Fougère Royale, a long lost legend

I read Luca Turin's The Secret of Scent shortly ago and got some food for thought. For those who do not know, Luca Turin is a biologist interested in smell and in perfumes and he writes about these, including the popular Perfumes: The Guide, written with Tania Sanchez.One of the bits of food for thought was Turin's enthusiastic description of Fougère Royale by Houbigant. Created in 1882, it's the first perfume that used a synthetic ingredient, coumarin, and Luca Turin describes it thusly:
It does smell of coumarin, to be sure, but it is also fresh, clean, austere, almost bitter. This is the reference smell of scrubbed bathrooms, suggestive of black and white tiles, clean, slightly damp towels, a freshly shaven daddy. But wait! there's a funny thing there, something not altogether pleasant. It's a touch of natural cuvet, stuff that comes from the rear edn of an Asian cat and smells like it does. [...] Small wonder Fougere Royale was such a success. At a distance, he who wears it is everyone's favourite son-in-law; up close, a bit of an animal (1).

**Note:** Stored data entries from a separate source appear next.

-- ===== src/Schema/Types.antt =====
-- src/schema/types.rs
pub mod Equal
pub mod Names
use dirbase.Prelude.{
  ℕ, String, Bool, true, false, ◌||◌, Option, none, some, List, ◌==◌, if◌then◌else◌, is_some,
  unwrap_or, and_then,
}
use dirbase.BTreeMap.{BTreeMap}
use dirbase.Json.{Json}
use dirbase.Runtime.{Runtime, Value}
use dirbase.Text.{all_chars, is_ascii_alphanumeric, is_empty}

pub data TableKind : Type 0 where
  object_table relation unknown : TableKind

pub data ColumnType : Type 0 where
  integer float boolean string json date datetime uuid big_integer decimal : ColumnType

pub record ForeignKey : Type 0 where
  pub target_table : String
  pub target_column : String

pub record ManyToManyRelation : Type 0 where
  pub through_table : String
  pub source_column : String
  pub source_target_column : String
  pub target_table : String
  pub target_column : String
  pub through_target_column : String

-- `==` of the derived `PartialEq`: the constructors are told apart by their places.
abbrev pub place : ColumnType → ℕ
place ColumnType.integer = 0
place ColumnType.float = 1
place ColumnType.boolean = 2
place ColumnType.string = 3
place ColumnType.json = 4
place ColumnType.date = 5
place ColumnType.datetime = 6
place ColumnType.uuid = 7
place ColumnType.big_integer = 8
place ColumnType.decimal = 9

abbrev pub column_type_eq : ColumnType → ColumnType → Bool
column_type_eq a b = place a == place b

abbrev pub label : ColumnType → String
label ColumnType.integer = "integer"
label ColumnType.float = "float"
label ColumnType.boolean = "boolean"
label ColumnType.string = "string"
label ColumnType.json = "json"
label ColumnType.date = "date"
label ColumnType.datetime = "datetime"
label ColumnType.uuid = "uuid"
label ColumnType.big_integer = "big_integer"
label ColumnType.decimal = "decimal"

-- The pairs that `is_compatible_with` lists.
listed_pair : ColumnType → ColumnType → Bool
listed_pair ColumnType.integer ColumnType.float = true
listed_pair ColumnType.float ColumnType.integer = true
listed_pair ColumnType.integer ColumnType.big_integer = true
listed_pair ColumnType.big_integer ColumnType.integer = true
listed_pair ColumnType.float ColumnType.big_integer = true
listed_pair ColumnType.big_integer ColumnType.float = true
listed_pair ColumnType.integer ColumnType.decimal = true
listed_pair ColumnType.decimal ColumnType.integer = true
listed_pair ColumnType.float ColumnType.decimal = true
listed_pair ColumnType.decimal ColumnType.float = true
listed_pair ColumnType.big_integer ColumnType.decimal = true
listed_pair ColumnType.decimal ColumnType.big_integer = true
listed_pair _ _ = false

unfoldable pub is_compatible_with : ColumnType → ColumnType → Bool
unfolding listed_pair
is_compatible_with a b = column_type_eq a b || listed_pair a b

abbrev pub is_string_backed : ColumnType → Bool
is_string_backed ColumnType.string = true
is_string_backed ColumnType.date = true
is_string_backed ColumnType.datetime = true
is_string_backed ColumnType.uuid = true
is_string_backed ColumnType.big_integer = true
is_string_backed ColumnType.decimal = true
is_string_backed _ = false

abbrev pub is_numeric_like : ColumnType → Bool
is_numeric_like ColumnType.integer = true
is_numeric_like ColumnType.float = true
is_numeric_like ColumnType.big_integer = true
is_numeric_like ColumnType.decimal = true
is_numeric_like _ = false

abbrev date_like : ColumnType → Bool
date_like ColumnType.date = true
date_like ColumnType.datetime = true
date_like _ = false

abbrev pub is_orderable_with_bounds : ColumnType → Bool
is_orderable_with_bounds t = is_numeric_like t || date_like t

unfoldable pub is_valid_identifier : String → Bool
is_valid_identifier name =
    if is_empty name
    then false
    else all_chars (λ c. is_ascii_alphanumeric c || c == b'_' || c == b'-') name

module _ ⦃rt : Runtime⦄ where
  pub record ColumnSchema : Type 0 where
    pub column_type : ColumnType
    pub nullable : Bool
    pub enum_values : Option (List String)
    pub min : Option Value
    pub max : Option Value
    pub min_length : Option ℕ
    pub max_length : Option ℕ
    pub pattern : Option String

  -- `ColumnSchema::new`
  abbrev pub column_schema : ColumnType → Bool → ColumnSchema
  column_schema column_type nullable = record {
    column_type = column_type;
    nullable = nullable;
    enum_values = none;
    min = none;
    max = none;
    min_length = none;
    max_length = none;
    pattern = none;
  }

  pub record TableSchema : Type 0 where
    pub kind : TableKind
    pub primary_key : Option String
    pub columns : BTreeMap ColumnSchema
    pub foreign_keys : BTreeMap ForeignKey
    pub many_to_many : BTreeMap ManyToManyRelation

  pub record Schema : Type 0 where
    pub tables : BTreeMap TableSchema

  pub record DeclaredTableSchema : Type 0 where
    pub kind : Option TableKind
    pub primary_key : Option String
    pub columns : BTreeMap ColumnSchema
    pub foreign_keys : BTreeMap ForeignKey
    pub suppressed_foreign_keys : List String
    pub unique : List (List String)

  pub record DeclaredSchema : Type 0 where
    pub tables : BTreeMap DeclaredTableSchema

  -- `ColumnType::infer_json`
  unfoldable pub infer_json : Value → Option ColumnType
  infer_json Json.null = none
  infer_json (Json.bool b) = some ColumnType.boolean
  infer_json (Json.number n) =
      if is_some (rt.number_as_i64 n)
      then some ColumnType.integer
      else if is_some (rt.number_as_u64 n)
      then some ColumnType.integer
      else some ColumnType.float
  infer_json (Json.string s) = some ColumnType.string
  infer_json (Json.array vs) = some ColumnType.json
  infer_json (Json.object fs) = some ColumnType.json

  unfoldable pub primary_key_name : Option TableSchema → String
  primary_key_name table = unwrap_or (and_then table (λ t. t.primary_key)) "id"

It sounded intriguing enough to me; I have a weak spot of perfumes gone for long. Some two weeks ago, I gave it a random try on eBay and there it was, a small bottle and only half full but for a price I could afford; the seller guessed that it may be from the 1940's and I must say that I have no clue, I'm not that much of a collector - there was indeed a relaunch of this fragrance after WWII so I'd guess it's from this time. Should anyone know better, feel free to inform me.
Anyhow, it was affordable so I bought it out of sheer curiosity; if it were awful or gone bad, I was quite sure that I could pass the bottle to a collector friend. Decent deal. On Monday, an envelope from France landed in my mailbox, containing Cœur Enchaîne by Honore Payan of Grasse (another brand of which I know nothing) and that Fougère. The latter leaked a tiny bit, spreading the bitter scent into the wrapping foil and around.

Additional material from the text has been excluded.